Author: Martin Gardner
Publisher: Courier Corporation
Published: 2012-05-04
Total Pages: 385
ISBN-13: 0486131629
DOWNLOAD EBOOKFair, witty appraisal of cranks, quacks, and quackeries of science and pseudoscience: hollow earth, Velikovsky, orgone energy, Dianetics, flying saucers, Bridey Murphy, food and medical fads, and much more.
Author: J. I. Rodale
Publisher: Rodale Books
Published: 2016-04-22
Total Pages: 3402
ISBN-13: 162336759X
DOWNLOAD EBOOKOriginally published in 1961 by the founder of Rodale Inc., The Synonym Finder continues to be a practical reference tool for every home and office.

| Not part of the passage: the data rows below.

-- ===== src/Core/Agent/Change.antt =====
-- What calls of the agent's loop do to the agent, and how that adds up.
use simple_ai_agent.Common.{
  ℕ, ◌+◌, ◌≤◌, ◌≡◌, refl, sym, ap, ◌∙◌, true, List, [], ◌∷◌, ◌++◌, append_assoc, append-nil, arith,
  length, length-append, All, Result, ◌>>=◌, Ensures, Ensures-bind, Ensures-weaken,
}
use simple_ai_agent.Core.Protocol.{ToolCall}
use simple_ai_agent.Core.Registry.{has_tool}
use simple_ai_agent.Core.Agent.{
  Tools, Agent, answered, configuration_mismatch, unsupported_api_type, empty_response,
  unexpected_state, too_many_steps, request_failed, invalid_response, Exit, finished, escaped, Work,
}
use simple_ai_agent.Core.Agent.Transcript.{IsTranscript, IsAcceptable}

All-append : {A : Type 0} (P : A → Type 0) (xs ys : List A) → All P xs → All P ys → All P (xs ++ ys)
All-append P [] ys h k = k
All-append P (x ∷ xs) ys (p, h) k = (p, All-append P xs ys h k)

-- A longer list: what was added, its bound, and what holds of each new element.
pub record Added {A : Type 0} (P : A → Type 0) (n : ℕ) (xs ys : List A) : Type 0 where
  pub new : List A
  pub longer : ys ≡ xs ++ new
  pub few : length new ≤ n
  pub sound : All P new

pub Added-none : {A : Type 0} (P : A → Type 0) (xs : List A) → Added P 0 xs xs
Added-none P xs = record { new = []; longer = sym (append-nil xs); few = omega arith; sound = tt }

pub Added-one :
    {A : Type 0} (P : A → Type 0) (xs : List A) (x : A) → P x → Added P 1 xs (xs ++ x ∷ [])
Added-one P xs x p = record { new = x ∷ []; longer = refl; few = omega arith; sound = (p, tt) }

pub Added-trans :
    {A : Type 0} (P : A → Type 0) {m n : ℕ} {xs ys zs : List A}
    → Added P m xs ys
    → Added P n ys zs
    → Added P (m + n) xs zs
Added-trans P {m} {n} {xs} h k = record {
  new = h.new ++ k.new;
  longer = k.longer ∙ ap (λ l. l ++ k.new) h.longer ∙ append_assoc xs h.new k.new;
  few = omega (arith, length-append h.new k.new, h.few, k.few);
  sound = All-append P h.new k.new h.sound k.sound;
}

pub Added-weaken :
    {A : Type 0} (P : A → Type 0) {m n : ℕ} {xs ys : List A}
    → m ≤ n
    → Added P m xs ys
    → Added P n xs ys
Added-weaken P le h = record {
  new = h.new;
  longer = h.longer;
  few = omega (arith, le, h.few);
  sound = h.sound;
}

-- The results that `_step` can give: not those of a response that the parser refused.
unfoldable pub IsExpected : Exit → Type 0
IsExpected (finished (invalid_response e)) = ⊥
IsExpected (finished unexpected_state) = ⊥
IsExpected (finished (answered s)) = Unit
IsExpected (finished configuration_mismatch) = Unit
IsExpected (finished unsupported_api_type) = Unit
IsExpected (finished empty_response) = Unit
IsExpected (finished too_many_steps) = Unit
IsExpected (finished (request_failed s)) = Unit
IsExpected escaped = Unit

module _ (tools : Tools) where
  -- The tool of a call is registered.
  unfoldable pub IsKnown : ToolCall → Type 0
  unfolding has_tool
  IsKnown call = has_tool tools.registry call.action ≡ true

  -- At most `q` requests and `x` calls; a transcript stays one, and is what is sent.
  pub record Change (q x : ℕ) (a b : Agent) : Type 0 where
    pub asked :
        IsTranscript a.messages
        → Added IsAcceptable q a.requests b.requests × IsTranscript b.messages
    pub ran : Added IsKnown x a.executed b.executed
    pub few : length b.requests ≤ length a.requests + q
    pub kept : length a.requests ≤ length b.requests

  pub Change-trans :
      {q p x y : ℕ} {a b c : Agent} → Change q x a b → Change p y b c → Change (q + p) (x + y) a c
  Change-trans h k = record {
    asked = λ start.
        let (first, middle) = h.asked start in
        let (second, last) = k.asked middle in (Added-trans IsAcceptable first second, last);
    ran = Added-trans IsKnown h.ran k.ran;
    few = omega (arith, h.few, k.few);
    kept = omega (arith, h.kept, k.kept);
  }

  pub Change-weaken : {q p x y : ℕ} {a b : Agent} → q ≤ p → x ≤ y → Change q x a b → Change p y a b
  Change-weaken few less h = record {
    asked =
        λ start. let (first, last) = h.asked start in (Added-weaken IsAcceptable few first, last);
    ran = Added-weaken IsKnown less h.ran;
    few = omega (arith, few, h.few);
    kept = h.kept;
  }

  -- A call that ends in one of the expected ways, if it does not return.
  unfoldable pub Turned : {A : Type 0} → ℕ → ℕ → Agent → Result Exit A × Agent → Type 0
  unfolding Ensures IsExpected
  Turned q x a r = Ensures (λ _ t. Change q x a t) (λ e t. Change q x a t × IsExpected e) r

  pub Turned-weaken :
      {A : Type 0} (q p x y : ℕ) (a : Agent) (r : Result Exit A × Agent)
      → q ≤ p
      → x ≤ y
      → Turned q x a r
      → Turned p y a r
  unfolding Turned
  Turned-weaken q p x y a r few less h =
      Ensures-weaken (λ _ t. Change q x a t) (λ _ t. Change p y a t)
        (λ e t. Change q x a t × IsExpected e) (λ e t. Change p y a t × IsExpected e) r h
        (λ v t c. Change-weaken few less c) (λ e t c. (Change-weaken few less (c.0), c.1))

  pub Turned-bind :
      {A B : Type 0} (q p x y : ℕ) (a : Agent) (m : Work A) (f : A → Work B)
      → Turned q x a (m a)
      → ((v : A) (t : Agent) → Change q x a t → Turned p y t (f v t))
      → Turned (q + p) (x + y) a ((m >>= f) a)
  unfolding Turned Ensures
  Turned-bind {A} {B} q p x y a m f h k =
      Ensures-bind (λ _ t. Change q x a t) (λ e t. Change (q + p) (x + y) a t × IsExpected e)
        (λ _ t. Change (q + p) (x + y) a t) (m a) f
        (Ensures-weaken (λ _ t. Change q x a t) (λ _ t. Change q x a t)
          (λ e t. Change q x a t × IsExpected e) (λ e t. Change (q + p) (x + y) a t × IsExpected e)
          (m a) h (λ v t c. c) (λ e t c. (Change-weaken (omega arith) (omega arith) (c.0), c.1)))
        (λ v t c.
          Ensures-weaken (λ _ u. Change p y t u) (λ _ u. Change (q + p) (x + y) a u)
            (λ e u. Change p y t u × IsExpected e)
            (λ e u. Change (q + p) (x + y) a u × IsExpected e) (f v t) (k v t c)
            (λ w u d. Change-trans c d) (λ e u d. (Change-trans c (d.0), d.1)))
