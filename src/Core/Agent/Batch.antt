-- ===== src/Core/Agent/Batch.antt =====
-- The execution of calls: `_execute_one_tool_call` and `_execute_tool_batch` of core/agent.py.
pub mod Order
pub mod Ran
use Prim.Native.String.{◌++◌ as ◌⧺◌}
use simple_ai_agent.Common.{
  ℕ, zero, suc, ◌+◌, String, Bool, true, false, Option, none, some, List, [], ◌∷◌, ◌++◌, length,
  lookup, if◌then◌else◌,
}
use simple_ai_agent.Core.Json.{Members}
use simple_ai_agent.Core.Protocol.{ToolCall}
use simple_ai_agent.Core.Registry.{ToolSpec, ToolRegistry, names, has_tool}
use simple_ai_agent.Core.Agent.{
  Status, success, failed, skipped, BatchToolRecord, AuditStatus, audit_success, audit_failed,
  AuditEntry, Outcome, returned, type_error, raised, Tools, Agent, max_batch_tool_calls,
}

-- Status, observation and error of a call.
pub record Execution : Type 0 where
  pub status : Status
  pub observation : String
  pub error : Option String

-- `", ".join(…)`
unfoldable pub comma_joined : List String → String
comma_joined [] = ""
comma_joined (s ∷ []) = s
comma_joined (s ∷ t ∷ rest) = s ⧺ ", " ⧺ comma_joined (t ∷ rest)

-- `_complete_tool_audit`: what it raises is caught.
unfoldable pub complete_audit : Option String → AuditStatus → String → Option String → Agent → Agent
complete_audit none status result error a = a
complete_audit (some id) status result error a = record a {
  audits =
      a.audits ++ record { call_id = id; status = status; result = result; error = error } ∷ [];
}

unfoldable pub failure : String → Execution
failure message = record { status = failed; observation = message; error = some message }

-- What the function of the tool gave.
unfoldable pub observe : String → Outcome → Execution
unfolding failure
observe action (returned s) = record { status = success; observation = s; error = none }
observe action (type_error s) = failure ("Error: Invalid arguments for tool '" ⧺ action ⧺ "': " ⧺ s)
observe action (raised s) = failure ("Error: Tool execution failed for '" ⧺ action ⧺ "': " ⧺ s)

audit_of : Status → AuditStatus
audit_of success = audit_success
audit_of failed = audit_failed
audit_of skipped = audit_failed

-- The end of a call: its audit is completed.
unfoldable pub settle : Option String → Execution → Agent → Execution × Agent
unfolding complete_audit audit_of
settle audit_id e a = (e, complete_audit audit_id (audit_of e.status) e.observation e.error a)

unfoldable pub record_of : ℕ → ℕ → ToolCall → Execution → BatchToolRecord
record_of i total call e = record {
  index = i;
  total = total;
  action = call.action;
  tool_input = call.tool_input;
  status = e.status;
  observation = some e.observation;
  error = e.error;
}

unfoldable pub skipped_record : ℕ → ℕ → ToolCall → String → BatchToolRecord
skipped_record i total call reason = record {
  index = i;
  total = total;
  action = call.action;
  tool_input = call.tool_input;
  status = skipped;
  observation = some reason;
  error = none;
}

abbrev pub fail_fast_reason : String
fail_fast_reason = "Skipped due to earlier failure in fail-fast batch."

unfoldable pub is_failed : Status → Bool
is_failed failed = true
is_failed success = false
is_failed skipped = false

-- The calls that an earlier failure skips.
unfoldable pub skip_rest : ℕ → ℕ → List ToolCall → List BatchToolRecord
unfolding skipped_record
skip_rest total i [] = []
skip_rest total i (call ∷ rest) =
    skipped_record i total call fail_fast_reason ∷ skip_rest total (i + 1) rest

-- `calls[:n]` and `calls[n:]`
unfoldable pub take_calls : ℕ → List ToolCall → List ToolCall
take_calls zero calls = []
take_calls (suc n) [] = []
take_calls (suc n) (call ∷ calls) = call ∷ take_calls n calls

unfoldable pub drop_calls : ℕ → List ToolCall → List ToolCall
drop_calls zero calls = calls
drop_calls (suc n) [] = []
drop_calls (suc n) (call ∷ calls) = drop_calls n calls

unfoldable pub with_total : ℕ → List BatchToolRecord → List BatchToolRecord
with_total n [] = []
with_total n (r ∷ rs) = record r { total = n } ∷ with_total n rs

module _ (tools : Tools) where
  unfoldable pub missing_tool : String → Execution
  unfolding failure comma_joined names
  missing_tool action = failure (
      "Error: Tool '"
      ⧺ action
      ⧺ "' does not exist. Available tools: "
      ⧺ comma_joined (names tools.registry))

  unfoldable pub execute_one_tool_call : String → Members → Agent → Execution × Agent
  unfolding lookup missing_tool observe settle
  execute_one_tool_call action tool_input a =
      let audit_id = tools.start_audit a.audit_starts in
      let started : Agent = record a { audit_starts = a.audit_starts + 1 } in
      elim (lookup action tools.registry) [
        | none ↦ settle audit_id (missing_tool action) started
        | some spec ↦
            let outcome = tools.call (length a.executed) spec tool_input in
            settle audit_id (observe action outcome) (record started {
              executed = a.executed ++ record { action = action; tool_input = tool_input } ∷ [];
            })
      ]

  -- The loop, from the call with index `i`.
  unfoldable pub execute_from : ℕ → ℕ → List ToolCall → Agent → List BatchToolRecord × Agent
  unfolding execute_one_tool_call record_of is_failed skip_rest
  execute_from total i [] a = ([], a)
  execute_from total i (call ∷ rest) a =
      let (e, b) = execute_one_tool_call call.action call.tool_input a in
      let (records, c) = execute_from total (i + 1) rest b in
      if is_failed e.status
      then (record_of i total call e ∷ skip_rest total (i + 1) rest, b)
      else (record_of i total call e ∷ records, c)

  unfoldable pub execute_tool_batch : List ToolCall → Agent → List BatchToolRecord × Agent
  unfolding execute_from
  execute_tool_batch calls a = execute_from (length calls) 1 calls a

  unfoldable pub excess_reason : ℕ → ℕ → String
  excess_reason i requested =
      "Skipped: tool call batch limit exceeded. This was call "
      ⧺ tools.show i
      ⧺ " of "
      ⧺ tools.show requested
      ⧺ "; at most "
      ⧺ tools.show max_batch_tool_calls
      ⧺ " calls are executed per batch. Retry this call in a new batch and do not assume it ran."

  -- The records of the calls beyond the limit.
  unfoldable pub excess_records : ℕ → ℕ → List ToolCall → List BatchToolRecord
  unfolding skipped_record excess_reason
  excess_records requested i [] = []
  excess_records requested i (call ∷ rest) =
      skipped_record i requested call (excess_reason i requested)
      ∷ excess_records requested (i + 1) rest

  -- The calls of a response, with the limit on a batch; without excess the totals are as they were.
  unfoldable pub execute_limited : List ToolCall → Agent → List BatchToolRecord × Agent
  unfolding execute_tool_batch take_calls drop_calls excess_records with_total
  execute_limited calls a =
      let (records, b) = execute_tool_batch (take_calls max_batch_tool_calls calls) a in
      (
        with_total (length calls) records
            ++ excess_records (length calls) (max_batch_tool_calls + 1)
                (drop_calls max_batch_tool_calls calls),
        b,
      )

This thesaurus contains more than 1 million synonyms, arranged alphabetically, with separate subdivisions for the different parts of speech and meanings of the same word.
Author: Jeremy Tambling
Publisher: Springer
Published: 2017-02-07
Total Pages: 320
ISBN-13: 1137518324
DOWNLOAD EBOOKThis book is about representations of the devil in English and European literature. Tracing the fascination in literature, philosophy, and theology with the irreducible presence of what may be called evil, or comedy, or the carnivalesque, this book surveys the parts played by the devil in the texts derived from the Faustus legend, looks at Marlowe and Shakespeare, Rabelais, Milton, Blake, Hoffmann, Baudelaire, Goethe, Dostoevsky, Bulgakov, and Mann, historically, speculatively, and from the standpoint of critical theory. It asks: Is there a single meaning to be assigned to the idea of the diabolical? What value lies in thinking diabolically? Is it still the definition of a good poet to be of the devil's party, as Blake argued?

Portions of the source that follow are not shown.